---- Data to process
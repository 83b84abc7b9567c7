-- ===== src/Risk.antt =====
-- src/risk/mod.rs: the risk tracker. Its clock is an argument of each call: `now` is the instant in
-- nanoseconds, `today` the date as a day number; one call reads one instant. The text of a breaker
-- reason is the values that it is formatted from.
pub mod Limits
pub mod Breaker
pub mod Counters
use solana_atomic_arbitrage.Base.{
  ℕ, ◌+◌, ◌-◌, ◌/◌, ◌%◌, Bool, true, false, Option, none, some, leb, ◌/=◌, if◌then◌else◌,
}
use solana_atomic_arbitrage.Base.Checked.{u64_mod}
use solana_atomic_arbitrage.Base.Float.{Float}

abbrev pub breaker_cooldown_secs : ℕ
breaker_cooldown_secs = 1800

-- `triggered.elapsed().as_secs()`: an instant in the future counts as now.
abbrev pub elapsed_secs : ℕ → ℕ → ℕ
elapsed_secs now triggered = (now - triggered) / 1_000_000_000

pub data BreakerReason {ℓ} (F : Type ℓ) : Type ℓ where
  limit_exceeded : F → BreakerReason F
  limit_exceeded_after_trade : F → F → BreakerReason F

pub record RiskTracker {ℓ} (F : Type ℓ) : Type ℓ where
  pub current_date : ℕ
  pub daily_pnl_sol : F
  pub trades_attempted : ℕ
  pub trades_pending : ℕ
  pub trades_succeeded : ℕ
  pub trades_failed_onchain : ℕ
  pub total_net_profit_sol : F
  pub cumulative_failed_fee_sol : F
  pub circuit_breaker : Bool
  pub breaker_reason : Option (BreakerReason F)
  pub breaker_triggered_at : Option ℕ

-- The fields of `ArbitrageOpportunity` that the tracker reads.
pub record Opportunity {ℓ} (F : Type ℓ) : Type ℓ where
  pub investment_sol : F
  pub net_profit_sol : F

-- The fields of `RiskConfig` that the tracker reads.
pub record RiskConfig {ℓ} (F : Type ℓ) : Type ℓ where
  pub min_profit_threshold_sol : F
  pub max_single_investment_sol : F
  pub max_daily_loss_sol : F

module _ {ℓ} {F : Type ℓ} ⦃f : Float F⦄ where
  unfoldable pub new : ℕ → RiskTracker F
  new today = record {
    current_date = today;
    daily_pnl_sol = f.zero_f64;
    trades_attempted = 0;
    trades_pending = 0;
    trades_succeeded = 0;
    trades_failed_onchain = 0;
    total_net_profit_sol = f.zero_f64;
    cumulative_failed_fee_sol = f.zero_f64;
    circuit_breaker = false;
    breaker_reason = none;
    breaker_triggered_at = none;
  }

  -- The block of `check_limits` that clears the breaker.
  unfoldable pub clear_breaker : RiskTracker F → RiskTracker F
  clear_breaker t = record t {
    circuit_breaker = false;
    breaker_reason = none;
    breaker_triggered_at = none;
    daily_pnl_sol = f.zero_f64;
  }

  -- The first block of `check_limits`: `none` is its early `return false`.
  unfoldable pub pass_breaker : RiskTracker F → ℕ → Option (RiskTracker F)
  pass_breaker t now =
      if t.circuit_breaker
      then elim t.breaker_triggered_at [
        | none ↦ none
        | some triggered ↦
            if leb breaker_cooldown_secs (elapsed_secs now triggered)
            then some (clear_breaker t)
            else none
      ]
      else some t

  -- The block that starts a new day.
  unfoldable pub roll_date : RiskTracker F → ℕ → RiskTracker F
  roll_date t today =
      if today /= t.current_date
      then record t {
        current_date = today;
        daily_pnl_sol = f.zero_f64;
        trades_attempted = 0;
        trades_pending = 0;
        trades_succeeded = 0;
        trades_failed_onchain = 0;
        cumulative_failed_fee_sol = f.zero_f64;
      }
      else t

  -- The block that trips the breaker before a trade.
  unfoldable pub trip_projected : RiskTracker F → RiskConfig F → ℕ → RiskTracker F
  trip_projected t risk now = record t {
    circuit_breaker = true;
    breaker_triggered_at = some now;
    breaker_reason = some (limit_exceeded risk.max_daily_loss_sol);
  }

  -- The three limits, in the order of the code.
  unfoldable pub apply_limits :
      RiskTracker F → Opportunity F → RiskConfig F → ℕ → RiskTracker F × Bool
  apply_limits t opp risk now =
      if f.lt opp.net_profit_sol risk.min_profit_threshold_sol
      then (t, false)
      else if f.lt risk.max_single_investment_sol opp.investment_sol
      then (t, false)
      else if f.lt (f.add t.daily_pnl_sol opp.net_profit_sol) (f.neg risk.max_daily_loss_sol)
      then (trip_projected t risk now, false)
      else (t, true)

  unfoldable pub check_limits :
      RiskTracker F → Opportunity F → RiskConfig F → ℕ → ℕ → RiskTracker F × Bool
  check_limits t opp risk now today = elim (pass_breaker t now) [
    | none ↦ (t, false)
    | some t' ↦ apply_limits (roll_date t' today) opp risk now
  ]

  unfoldable pub record_submitted : RiskTracker F → RiskTracker F
  record_submitted t = record t {
    trades_attempted = (t.trades_attempted + 1) % u64_mod;
    trades_pending = (t.trades_pending + 1) % u64_mod;
  }

  unfoldable pub check_circuit_breaker : RiskTracker F → RiskConfig F → ℕ → RiskTracker F
  check_circuit_breaker t risk now =
      if f.lt t.daily_pnl_sol (f.neg risk.max_daily_loss_sol)
      then record t {
        circuit_breaker = true;
        breaker_triggered_at = some now;
        breaker_reason = some (limit_exceeded_after_trade t.daily_pnl_sol risk.max_daily_loss_sol);
      }
      else t

  -- The counters of `record_confirmation`; `saturating_sub` is the subtraction of ℕ.
  unfoldable pub count_confirmation : RiskTracker F → F → Bool → RiskTracker F
  count_confirmation t actual_pnl_sol succeeded =
      if succeeded
      then record t {
        trades_pending = t.trades_pending - 1;
        trades_succeeded = (t.trades_succeeded + 1) % u64_mod;
      }
      else record t {
        trades_pending = t.trades_pending - 1;
        trades_failed_onchain = (t.trades_failed_onchain + 1) % u64_mod;
        cumulative_failed_fee_sol =
            f.add t.cumulative_failed_fee_sol (f.max (f.neg actual_pnl_sol) f.zero_f64);
      }

  unfoldable pub add_pnl : RiskTracker F → F → RiskTracker F
  add_pnl t actual_pnl_sol = record t {
    daily_pnl_sol = f.add t.daily_pnl_sol actual_pnl_sol;
    total_net_profit_sol = f.add t.total_net_profit_sol actual_pnl_sol;
  }

  unfoldable pub record_confirmation : RiskTracker F → F → Bool → RiskConfig F → ℕ → RiskTracker F
  record_confirmation t actual_pnl_sol succeeded risk now =
      check_circuit_breaker (add_pnl (count_confirmation t actual_pnl_sol succeeded) actual_pnl_sol)
        risk now

  unfoldable pub is_blocked : RiskTracker F → Bool
  is_blocked t = t.circuit_breaker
--------
■ **Exercise instructions**
With "RiskConfig" as the string to find, copy every line of the records that holds it.

■ **Exercise answer**
-- The fields of `RiskConfig` that the tracker reads.
pub record RiskConfig {ℓ} (F : Type ℓ) : Type ℓ where
  unfoldable pub trip_projected : RiskTracker F → RiskConfig F → ℕ → RiskTracker F
      RiskTracker F → Opportunity F → RiskConfig F → ℕ → RiskTracker F × Bool
      RiskTracker F → Opportunity F → RiskConfig F → ℕ → ℕ → RiskTracker F × Bool
  unfoldable pub check_circuit_breaker : RiskTracker F → RiskConfig F → ℕ → RiskTracker F
  unfoldable pub record_confirmation : RiskTracker F → F → Bool → RiskConfig F → ℕ → RiskTracker F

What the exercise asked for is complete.